Dr. Chen Li, an assistant professor of Mechanical Engineering at Johns Hopkins University, will give a talk entitled "Terradynamics of Animal and Robot Locomotion in Complex 3-D Terrain" for the Laboratory for Computational Sensing and Robotics.

Abstract:

Aero- and hydrodynamics have helped us understand how animals fly and swim and develop aerial and aquatic vehicles and robots that move through air and water rapidly, agilely, and efficiently.

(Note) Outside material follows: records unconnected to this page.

-- ===== src/NormativeTree/Manifest/Chains.antt =====
-- `_validate_structure` of normative_tree.py ends: the parents of an entry are climbed in at most one
-- round more than there are entries.
use mathlib.Core.Option.{some-injective}
use sdlc.Base.{
  ℕ, zero, suc, ◌+◌, ◌≤◌, String, ◌≡◌, ◌≢◌, refl, sym, ap, ◌∙◌, inl, inr, Bool, true, false, Option,
  none, some, List, [], ◌∷◌, All, length, arith, Bool-cases, eq_iff, eq_refl, if◌then◌else◌, ◌==◌,
}
use sdlc.NormativeTree.{listed}
use sdlc.NormativeTree.Scan.{NoRepeat}
use sdlc.NormativeTree.Manifest.{
  TreeEntry, TreeManifest, StructureProblem, endless, document_ids, repeats, entry_of, roots_of,
  jump, up, climb, or_rest, chains, wrong_roots, validate_structure,
}

-- The ids without the first occurrence of one of them.
abbrev without : String → List String → List String
without x [] = []
without x (y ∷ ys) = let rest = without x ys in if y == x then ys else y ∷ rest

without-length :
    (x : String) (ys : List String) → listed x ys ≡ true → length ys ≡ suc (length (without x ys))
without-length x [] e = cc
without-length x (y ∷ ys) e = elim (Bool-cases (y == x)) [
  | inl same ↦ rw same refl
  | inr other ↦
      let there : listed x ys ≡ true = ground arith in rw other (ap suc (without-length x ys there))
]

without-listed :
    (x z : String) (ys : List String) → listed z ys ≡ true → z ≢ x → listed z (without x ys) ≡ true
without-listed x z [] e ne = cc
without-listed x z (y ∷ ys) e ne = elim (Bool-cases (y == x)) [
  | inl same ↦
      let y_is : y ≡ x = (eq_iff y x).0 same in
      let other : (y == z) ≡ false = not_same y z (λ h. ne (sym h ∙ y_is)) in
      rw same (rw other at e)
  | inr other ↦ elim (Bool-cases (y == z)) [
    | inl found ↦ rw (other, found) refl
    | inr later ↦ rw (other, later) (without-listed x z ys (rw later at e) ne)
  ]
]
  where
    not_same : (a b : String) → a ≢ b → (a == b) ≡ false
    not_same a b ne' = elim (Bool-cases (a == b)) [
      | inl t ↦ absurd (ne' ((eq_iff a b).0 t))
      | inr f ↦ f
    ]

abbrev AllListed : List String → List String → Type 0
AllListed ids xs = All (λ z. listed z ids ≡ true) xs

all_without :
    (x : String) (xs ids : List String)
    → listed x xs ≡ false
    → AllListed ids xs
    → AllListed (without x ids) xs
all_without x [] ids e h = tt
all_without x (z ∷ xs) ids e h = elim (Bool-cases (z == x)) [
  | inl same ↦ absurd (never (rw same at e))
  | inr other ↦ (
    without-listed x z ids h.0 (λ same. unequal z x other same),
    all_without x xs ids (rw other at e) h.1,
  )
]
  where
    never : ◌≡◌ {A = Bool} true false → ⊥
    never h = cc

    unequal : (a b : String) → (a == b) ≡ false → a ≡ b → ⊥
    unequal a b f same = let t = (eq_iff a b).1 same in cc

-- Different ids out of a list are not more than the list has.
different_few : (xs ids : List String) → NoRepeat xs → AllListed ids xs → length xs ≤ length ids
different_few [] ids fresh all = omega arith
different_few (x ∷ xs) ids fresh all =
    let fewer = different_few xs (without x ids) fresh.1 (all_without x xs ids fresh.0 all.1) in
    omega (arith, without-length x ids all.0, fewer)

entry_of-listed :
    (parent : String) (entries : List TreeEntry) (above : TreeEntry)
    → entry_of parent entries ≡ some above
    → listed above.document_id (document_ids entries) ≡ true
unfolding entry_of
entry_of-listed parent [] above h = cc
entry_of-listed parent (e ∷ entries) above h = elim (Bool-cases (e.document_id == parent)) [
  | inl here_now ↦
      let same : e ≡ above = some-injective e above (rw here_now at h) in
      rw (ap (λ x. x.document_id) same, eq_refl above.document_id) refl
  | inr there ↦ elim (Bool-cases (e.document_id == above.document_id)) [
    | inl t ↦ rw t refl
    | inr f ↦ rw f (entry_of-listed parent entries above (rw there at h))
  ]
]

module _ (entries : List TreeEntry) (origin : String) where
  abbrev Climbs : ℕ → TreeEntry → List String → Type 0
  Climbs fuel current seen =
      NoRepeat seen
      × AllListed (document_ids entries) seen
      × (listed current.document_id (document_ids entries) ≡ true)
      × (suc (length (document_ids entries)) ≤ fuel + length seen)

  jump-ends :
      (fuel : ℕ) (next : TreeEntry → List String → Option StructureProblem) (current : TreeEntry)
      (parent : String) (found : Option TreeEntry) (seen : List String)
      → entry_of parent entries ≡ found
      → ((above : TreeEntry) (s : List String) → Climbs fuel above s → next above s ≢ some endless)
      → Climbs (suc fuel) current seen
      → jump entries origin next current found seen ≢ some endless
  unfolding jump
  jump-ends fuel next current parent none seen f h climbing = λ e. cc
  jump-ends fuel next current parent (some above) seen f h (fresh, all, is, enough) =
      elim (Bool-cases (listed current.document_id seen)) [
        | inl cycle ↦ rw cycle (λ e. cc)
        | inr new ↦ rw new (
            h above (current.document_id ∷ seen) (
              (new, fresh),
              (is, all),
              entry_of-listed parent entries above f,
              omega (arith, enough),
            ))
      ]

  up-ends :
      (fuel : ℕ) (next : TreeEntry → List String → Option StructureProblem) (current : TreeEntry)
      (parent : Option String) (seen : List String)
      → ((above : TreeEntry) (s : List String) → Climbs fuel above s → next above s ≢ some endless)
      → Climbs (suc fuel) current seen
      → up entries origin next current parent seen ≢ some endless
  unfolding up
  up-ends fuel next current none seen h climbing = λ e. cc
  up-ends fuel next current (some parent) seen h climbing =
      jump-ends fuel next current parent (entry_of parent entries) seen refl h climbing

  climb-ends :
      (fuel : ℕ) (current : TreeEntry) (seen : List String)
      → Climbs fuel current seen
      → climb entries origin fuel current seen ≢ some endless
  unfolding climb
  climb-ends zero current seen (fresh, all, is, enough) =
      absurd (too_many (different_few seen (document_ids entries) fresh all) enough)
    where
      too_many :
          length seen ≤ length (document_ids entries)
          → suc (length (document_ids entries)) ≤ 0 + length seen
          → ⊥
      too_many a b = omega arith
  climb-ends (suc fuel) current seen climbing =
      up-ends fuel (climb entries origin fuel) current current.parent_document_id seen
        (λ above s more. climb-ends fuel above s more) climbing

ids-length : (entries : List TreeEntry) → length (document_ids entries) ≡ length entries
ids-length [] = refl
ids-length (e ∷ entries) = ap suc (ids-length entries)

or_rest-ends :
    (first rest : Option StructureProblem)
    → first ≢ some endless
    → rest ≢ some endless
    → or_rest first rest ≢ some endless
or_rest-ends none rest a b = b
or_rest-ends (some problem) rest a b = a

chains-ends :
    (entries rest : List TreeEntry)
    → AllListed (document_ids entries) (document_ids rest)
    → chains entries rest ≢ some endless
unfolding chains
chains-ends entries [] all = λ e. cc
chains-ends entries (e ∷ rest) all =
    or_rest-ends (climb entries e.document_id (suc (length entries)) e []) (chains entries rest)
      (climb-ends entries e.document_id (suc (length entries)) e []
        (tt, tt, all.0, omega (arith, ids-length entries)))
      (chains-ends entries rest all.1)

listed_more : (y : String) (ids xs : List String) → AllListed ids xs → AllListed (y ∷ ids) xs
listed_more y ids [] h = tt
listed_more y ids (z ∷ xs) h =
    (elim (Bool-cases (y == z)) [ inl t ↦ rw t refl | inr f ↦ rw f h.0 ], listed_more y ids xs h.1)

listed_self : (ids : List String) → AllListed ids ids
listed_self [] = tt
listed_self (id ∷ ids) = (rw (eq_refl id) refl, listed_more id ids ids (listed_self ids))

-- The validation of a manifest's structure always ends: the loop up the parents of an entry never
-- needs more than one round more than there are entries.
pub validate_structure-ends : (manifest : TreeManifest) → validate_structure manifest ≢ some endless
unfolding validate_structure
validate_structure-ends manifest = elim (Bool-cases (repeats (document_ids manifest.entries))) [
  | inl twice ↦ rw twice (λ e. cc)
  | inr once ↦
      elim (Bool-cases (wrong_roots manifest.root_document_id (roots_of manifest.entries))) [
        | inl wrong ↦ rw (once, wrong) (λ e. cc)
        | inr right ↦
            rw (once, right)
              (chains-ends manifest.entries manifest.entries
                (listed_self (document_ids manifest.entries)))
      ]
]
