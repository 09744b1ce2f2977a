-- ===== src/NormativeTree/Manifest/Drift/Dictionary.antt =====
-- The dictionaries of `describe_drift` of normative_tree.py: which entries and ids they have.
use mathlib.Core.List.Memᴰ
use mathlib.Core.List.{Memᴰ}
use sdlc.Base.{
  or_swap, String, ◌≡◌, refl, ap, ◌∙◌, ◌⊎◌, inl, inr, Bool, true, false, ◌||◌, some, List, [], ◌∷◌,
  All, Bool-cases, eq_iff, ◌==◌,
}
use sdlc.NormativeTree.{listed}
use sdlc.NormativeTree.Manifest.{TreeEntry, document_ids, entry_of}
use sdlc.NormativeTree.Manifest.Observed.Order.{sorted-listed, mem-sorted}
use sdlc.NormativeTree.Manifest.Drift.{Drift, put_entry, put_entries, by_document_id, only_in}

pub entry_of-found :
    (id : String) (es : List TreeEntry) (e : TreeEntry)
    → entry_of id es ≡ some e
    → Memᴰ e es × (e.document_id ≡ id)
unfolding entry_of
entry_of-found id [] e h = cc
entry_of-found id (f ∷ es) e h = elim (Bool-cases (f.document_id == id)) [
  | inl t ↦
      let same : some f ≡ some e = rw t at h in
      let is : e ≡ f = cc in
      (Memᴰ.head is, ap (λ x. x.document_id) is ∙ (eq_iff f.document_id id).0 t)
  | inr n ↦ let (m, same) = entry_of-found id es e (rw n at h) in (Memᴰ.tail m, same)
]

put_entry-mem : (x e : TreeEntry) (es : List TreeEntry) → Memᴰ x (put_entry e es) → Memᴰ x (e ∷ es)
unfolding put_entry
put_entry-mem x e [] m = m
put_entry-mem x e (f ∷ fs) m = elim (Bool-cases (f.document_id == e.document_id)) [
  | inl t ↦
      let there : Memᴰ x (e ∷ fs) = rw t at m in
      elim (Memᴰ.cases_cons there) [
        | inl same ↦ Memᴰ.head same
        | inr far ↦ Memᴰ.tail (Memᴰ.tail far)
      ]
  | inr n ↦
      let there : Memᴰ x (f ∷ put_entry e fs) = rw n at m in
      elim (Memᴰ.cases_cons there) [
        | inl same ↦ Memᴰ.tail (Memᴰ.head same)
        | inr far ↦ elim (Memᴰ.cases_cons (put_entry-mem x e fs far)) [
          | inl same ↦ Memᴰ.head same
          | inr rest ↦ Memᴰ.tail (Memᴰ.tail rest)
        ]
      ]
]

pub put_entry-listed :
    (id : String) (e : TreeEntry) (es : List TreeEntry)
    → listed id (document_ids (put_entry e es)) ≡ listed id (document_ids (e ∷ es))
unfolding put_entry
put_entry-listed id e [] = refl
put_entry-listed id e (f ∷ fs) = elim (Bool-cases (f.document_id == e.document_id)) [
  | inl t ↦
      let same : (f.document_id == id) ≡ (e.document_id == id) =
        ap (λ i. i == id) ((eq_iff f.document_id e.document_id).0 t) in
      rw (t, same) (twice (e.document_id == id) (listed id (document_ids fs)))
  | inr n ↦
      let rest = put_entry-listed id e fs in
      rw (n, rest)
        (or_swap (f.document_id == id) (e.document_id == id) (listed id (document_ids fs)))
]
  where
    twice : (a b : Bool) → (a || b) ≡ (a || (a || b))
    twice true b = refl
    twice false b = refl

put_entries-mem :
    (x : TreeEntry) (dict es : List TreeEntry)
    → Memᴰ x (put_entries dict es)
    → Memᴰ x es ⊎ Memᴰ x dict
unfolding put_entries
put_entries-mem x dict [] m = inr m
put_entries-mem x dict (e ∷ es) m = elim (put_entries-mem x (put_entry e dict) es m) [
  | inl far ↦ inl (Memᴰ.tail far)
  | inr put ↦ elim (Memᴰ.cases_cons (put_entry-mem x e dict put)) [
    | inl same ↦ inl (Memᴰ.head same)
    | inr before ↦ inr before
  ]
]

pub by_id-mem : (x : TreeEntry) (es : List TreeEntry) → Memᴰ x (by_document_id es) → Memᴰ x es
unfolding by_document_id
by_id-mem x es m = elim (put_entries-mem x [] es (mem-sorted x (put_entries [] es) m)) [
  | inl there ↦ there
  | inr nowhere ↦ absurd (Memᴰ.not-nil nowhere)
]

put_entries-listed :
    (id : String) (dict es : List TreeEntry)
    → listed id (document_ids (put_entries dict es))
      ≡ (listed id (document_ids es) || listed id (document_ids dict))
unfolding put_entries
put_entries-listed id dict [] = refl
put_entries-listed id dict (e ∷ es) =
    put_entries-listed id (put_entry e dict) es
    ∙ rw (put_entry-listed id e dict)
        (swap (listed id (document_ids es)) (e.document_id == id) (listed id (document_ids dict)))
  where
    swap : (a b c : Bool) → (a || (b || c)) ≡ ((b || a) || c)
    swap true true c = refl
    swap true false c = refl
    swap false true c = refl
    swap false false c = refl

pub by_id-listed :
    (id : String) (es : List TreeEntry)
    → listed id (document_ids (by_document_id es)) ≡ listed id (document_ids es)
unfolding by_document_id
by_id-listed id es =
    sorted-listed id (put_entries [] es)
    ∙ put_entries-listed id [] es
    ∙ or_false (listed id (document_ids es))
  where
    or_false : (b : Bool) → (b || false) ≡ b
    or_false true = refl
    or_false false = refl

pub only_in-All {ℓ} :
    (P : Drift → Type ℓ) (say : TreeEntry → Drift) (others es : List TreeEntry)
    → ((e : TreeEntry) → Memᴰ e es → listed e.document_id (document_ids others) ≡ false → P (say e))
    → All P (only_in say others es)
unfolding only_in
only_in-All P say others [] h = tt
only_in-All P say others (e ∷ es) h =
    let rest = only_in-All P say others es (λ x m f. h x (Memᴰ.tail m) f) in
    elim (Bool-cases (listed e.document_id (document_ids others))) [
      | inl known ↦ rw known rest
      | inr new ↦ rw new (h e (Memᴰ.head refl) new, rest)
    ]
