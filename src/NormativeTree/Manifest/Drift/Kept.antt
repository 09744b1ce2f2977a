-- ===== src/NormativeTree/Manifest/Drift/Kept.antt =====
-- The dictionaries of `describe_drift` of normative_tree.py keep entries without a repeated id.
use mathlib.Core.List.Memᴰ
use mathlib.Core.List.{Memᴰ}
use sdlc.Base.{
  ◌≡◌, refl, sym, ap, ◌∙◌, inl, inr, false, some, List, [], ◌∷◌, arith, Bool-cases, not_both,
  eq_iff, ◌==◌,
}
use sdlc.NormativeTree.{listed}
use sdlc.NormativeTree.Scan.{NoRepeat}
use sdlc.NormativeTree.Manifest.{TreeEntry, document_ids, entry_of}
use sdlc.NormativeTree.Manifest.Observed.Order.{
  other_text, entry_of-mem, sorted-mem, sorted-NoRepeat,
}
use sdlc.NormativeTree.Manifest.Drift.{put_entry, put_entries, by_document_id}
use sdlc.NormativeTree.Manifest.Drift.Dictionary.{put_entry-listed}

put_entry-has : (e : TreeEntry) (es : List TreeEntry) → Memᴰ e (put_entry e es)
unfolding put_entry
put_entry-has e [] = Memᴰ.head refl
put_entry-has e (f ∷ fs) = elim (Bool-cases (f.document_id == e.document_id)) [
  | inl t ↦ rw t (Memᴰ.head refl)
  | inr n ↦ rw n (Memᴰ.tail (put_entry-has e fs))
]

put_entry-keeps :
    (x e : TreeEntry) (es : List TreeEntry)
    → (x.document_id == e.document_id) ≡ false
    → Memᴰ x es
    → Memᴰ x (put_entry e es)
unfolding put_entry
put_entry-keeps x e [] other m = Memᴰ.tail m
put_entry-keeps x e (f ∷ fs) other m = elim (Bool-cases (f.document_id == e.document_id)) [
  | inl t ↦ rw t (elim (Memᴰ.cases_cons m) [
    | inl same ↦ absurd (not_both (ap (λ y. y.document_id == e.document_id) same ∙ t) other)
    | inr far ↦ Memᴰ.tail far
  ])
  | inr n ↦ rw n (elim (Memᴰ.cases_cons m) [
    | inl same ↦ Memᴰ.head same
    | inr far ↦ Memᴰ.tail (put_entry-keeps x e fs other far)
  ])
]

put_entries-keeps :
    (x : TreeEntry) (dict es : List TreeEntry)
    → listed x.document_id (document_ids es) ≡ false
    → Memᴰ x dict
    → Memᴰ x (put_entries dict es)
unfolding put_entries
put_entries-keeps x dict [] away m = m
put_entries-keeps x dict (e ∷ es) away m =
    let apart : (e.document_id == x.document_id) ≡ false = ground arith in
    put_entries-keeps x (put_entry e dict) es (ground arith)
      (put_entry-keeps x e dict (other_text e.document_id x.document_id apart) m)

put_entries-has :
    (x : TreeEntry) (dict es : List TreeEntry)
    → NoRepeat (document_ids es)
    → Memᴰ x es
    → Memᴰ x (put_entries dict es)
unfolding put_entries
put_entries-has x dict [] fresh m = absurd (Memᴰ.not-nil m)
put_entries-has x dict (e ∷ es) fresh m = elim (Memᴰ.cases_cons m) [
  | inl same ↦
      put_entries-keeps x (put_entry e dict) es
        (ap (λ y. listed y.document_id (document_ids es)) same ∙ fresh.0)
        (rw (sym same) (put_entry-has x dict))
  | inr far ↦ put_entries-has x (put_entry e dict) es fresh.1 far
]

put_entry-NoRepeat :
    (e : TreeEntry) (es : List TreeEntry)
    → NoRepeat (document_ids es)
    → NoRepeat (document_ids (put_entry e es))
unfolding put_entry
put_entry-NoRepeat e [] h = (refl, tt)
put_entry-NoRepeat e (f ∷ fs) h = elim (Bool-cases (f.document_id == e.document_id)) [
  | inl t ↦ rw t (
    ap (λ id. listed id (document_ids fs)) (sym ((eq_iff f.document_id e.document_id).0 t)) ∙ h.0,
    h.1,
  )
  | inr n ↦
      let still : listed f.document_id (document_ids (put_entry e fs)) ≡ false =
        put_entry-listed f.document_id e fs
        ∙ rw (other_text f.document_id e.document_id n, h.0) refl in
      rw n (still, put_entry-NoRepeat e fs h.1)
]

put_entries-NoRepeat :
    (dict es : List TreeEntry)
    → NoRepeat (document_ids dict)
    → NoRepeat (document_ids (put_entries dict es))
unfolding put_entries
put_entries-NoRepeat dict [] h = h
put_entries-NoRepeat dict (e ∷ es) h =
    put_entries-NoRepeat (put_entry e dict) es (put_entry-NoRepeat e dict h)

-- Of entries without a repeated id, each is in the dictionary, under its id.
pub by_id-has :
    (x : TreeEntry) (es : List TreeEntry)
    → NoRepeat (document_ids es)
    → Memᴰ x es
    → Memᴰ x (by_document_id es)
unfolding by_document_id
by_id-has x es fresh m = sorted-mem x (put_entries [] es) (put_entries-has x [] es fresh m)

pub by_id-found :
    (x : TreeEntry) (es : List TreeEntry)
    → NoRepeat (document_ids es)
    → Memᴰ x es
    → entry_of x.document_id (by_document_id es) ≡ some x
unfolding by_document_id
by_id-found x es fresh m =
    entry_of-mem x (by_document_id es)
      (sorted-NoRepeat (put_entries [] es) (put_entries-NoRepeat [] es tt)) (by_id-has x es fresh m)
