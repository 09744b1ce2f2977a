-- ===== src/NormativeTree/Manifest/Drift/Named.antt =====
-- `describe_drift` of normative_tree.py: what each printed line tells.
use mathlib.Core.List.{Memᴰ}
use sdlc.Base.{
  String, ◌≡◌, refl, sym, ◌∙◌, ◌↔◌, inl, inr, Bool, true, false, List, [], ◌∷◌, All, All-append,
  same_text, Bool-cases, not_both, Option-cases, eq_iff, ◌==◌,
}
use sdlc.NormativeTree.{listed}
use sdlc.NormativeTree.Manifest.{TreeEntry, TreeManifest, document_ids, entry_of}
use sdlc.NormativeTree.Manifest.Drift.Dictionary.{
  entry_of-found, by_id-mem, by_id-listed, only_in-All,
}
use sdlc.NormativeTree.Manifest.Drift.{
  Drift, root_changed, added, removed, reparented, renamed, content_changed, tree_changed,
  by_document_id, unless, entry_drift, changed_to, common_drift, or_changed, fingerprint,
  describe_drift,
}

-- An entry of these with this id, and none of the others has it.
abbrev IsOnlyIn : List TreeEntry → List TreeEntry → String → String → Type 0
IsOnlyIn these others name id =
    (e : TreeEntry) × Memᴰ e these
    × (e.name ≡ name)
    × (e.document_id ≡ id)
    × (listed id (document_ids others) ≡ false)

-- Two entries with this id, one of each manifest.
abbrev AreCommon : TreeManifest → TreeManifest → String → TreeEntry → TreeEntry → Type 0
AreCommon expected observed id old new =
    Memᴰ old expected.entries
    × Memᴰ new observed.entries
    × (old.document_id ≡ id)
    × (new.document_id ≡ id)

module _ (digest : TreeManifest → String) (expected observed : TreeManifest) where
  -- What a printed line tells of the two manifests.
  abbrev pub IsDrift : Drift → Type 0
  IsDrift (root_changed from to) =
      (expected.root_document_id ≡ from) × (observed.root_document_id ≡ to) × ((from == to) ≡ false)
  IsDrift (added name id) = IsOnlyIn observed.entries expected.entries name id
  IsDrift (removed name id) = IsOnlyIn expected.entries observed.entries name id
  IsDrift (reparented name id) =
      (old : TreeEntry) × (new : TreeEntry) × AreCommon expected observed id old new
      × (new.name ≡ name)
      × (same_text old.parent_document_id new.parent_document_id ≡ false)
  IsDrift (renamed id from to) =
      (old : TreeEntry) × (new : TreeEntry) × AreCommon expected observed id old new
      × (old.name ≡ from)
      × (new.name ≡ to)
      × ((from == to) ≡ false)
  IsDrift (content_changed name id) =
      (old : TreeEntry) × (new : TreeEntry) × AreCommon expected observed id old new
      × (new.name ≡ name)
      × ((old.content_fingerprint == new.content_fingerprint) ≡ false)
  IsDrift tree_changed = (fingerprint digest expected == fingerprint digest observed) ≡ false

  unless-All : (b : Bool) (d : Drift) → (b ≡ false → IsDrift d) → All IsDrift (unless b d)
  unless-All true d h = tt
  unless-All false d h = (h refl, tt)

  entry_drift-IsDrift :
      (old new : TreeEntry)
      → AreCommon expected observed new.document_id old new
      → All IsDrift (entry_drift old new)
  unfolding entry_drift
  entry_drift-IsDrift old new c =
      All-append IsDrift _ _
        (unless-All _ (reparented new.name new.document_id) (λ f. (old, new, c, refl, f)))
        (All-append IsDrift _ _
          (unless-All _ (renamed new.document_id old.name new.name)
            (λ f. (old, new, c, refl, refl, f)))
          (unless-All _ (content_changed new.name new.document_id) (λ f. (old, new, c, refl, f))))

  common_drift-IsDrift :
      (before : List TreeEntry)
      → ((x : TreeEntry) → Memᴰ x before → Memᴰ x expected.entries)
      → All IsDrift (common_drift (by_document_id observed.entries) before)
  unfolding common_drift changed_to
  common_drift-IsDrift [] m = tt
  common_drift-IsDrift (old ∷ before) m =
      All-append IsDrift
        (changed_to old (entry_of old.document_id (by_document_id observed.entries))) _
        (elim (Option-cases (entry_of old.document_id (by_document_id observed.entries))) [
          | inl none_found ↦ rw none_found tt
          | inr (new, found) ↦
              let (there, same) = entry_of-found old.document_id _ new found in
              rw found (
                entry_drift-IsDrift old new
                  (m old (Memᴰ.head refl), by_id-mem new observed.entries there, sym same, refl))
        ])
        (common_drift-IsDrift before (λ x n. m x (Memᴰ.tail n)))

  or_changed-All :
      (drift : List Drift)
      → IsDrift tree_changed
      → All IsDrift drift
      → All IsDrift (or_changed drift)
  or_changed-All [] c h = (c, tt)
  or_changed-All (d ∷ ds) c h = h

  or_changed-cons : (drift : List Drift) → or_changed drift ≡ [] → ⊥
  or_changed-cons [] e = cc
  or_changed-cons (d ∷ ds) e = cc

  -- Nothing is printed exactly when the fingerprints are equal, and each printed line is true of the
  -- two manifests: the Root's ids differ; the Document is in one manifest only; or it is in both,
  -- and its parents, its names or its contents differ.
  pub describe_drift-IsDrift :
      ((describe_drift digest expected observed ≡ [])
        ↔ (fingerprint digest expected ≡ fingerprint digest observed))
      × All IsDrift (describe_drift digest expected observed)
  unfolding describe_drift
  describe_drift-IsDrift =
      let before = by_document_id expected.entries in
      let after = by_document_id observed.entries in
      let root = expected.root_document_id in
      let iff = eq_iff (fingerprint digest expected) (fingerprint digest observed) in
      elim (Bool-cases (fingerprint digest expected == fingerprint digest observed)) [
        | inl same ↦ rw same (((λ e. iff.0 same), (λ e. refl)), tt)
        | inr other ↦ rw other (
          ((λ e. absurd (or_changed-cons _ e)), (λ e. absurd (not_both (iff.1 e) other))),
          or_changed-All _ other (
              All-append IsDrift _ _
                (unless-All _ (root_changed root observed.root_document_id) (λ f. (refl, refl, f)))
                (All-append IsDrift _ _
                  (only_in-All IsDrift (λ e. added e.name e.document_id) before after
                    (λ e m f. (
                      e,
                      by_id-mem e observed.entries m,
                      refl,
                      refl,
                      sym (by_id-listed e.document_id expected.entries) ∙ f,
                    )))
                  (All-append IsDrift _ _
                    (only_in-All IsDrift (λ e. removed e.name e.document_id) after before
                      (λ e m f. (
                        e,
                        by_id-mem e expected.entries m,
                        refl,
                        refl,
                        sym (by_id-listed e.document_id observed.entries) ∙ f,
                      )))
                    (common_drift-IsDrift before (λ x m. by_id-mem x expected.entries m))))),
        )
      ]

By contrast, we know surprisingly little about how terrestrial animals move so well in natural terrain, and even the best robots still struggle in complex terrain such as earthquake rubble, cluttered buildings, forest floor, and Martian rocks, an ability required for important applications like search and rescue, structural examination, environmental monitoring, and planetary exploration.

By integrating biology, engineering, and physics studies and developing new experimental tools and theoretical models, our lab is creating the new field of terradynamics to describe complex locomotor-terrain interaction (analogous to fluid-structure interaction), and using terradynamics to better understand animal locomotion and advance robot locomotion in complex terrain.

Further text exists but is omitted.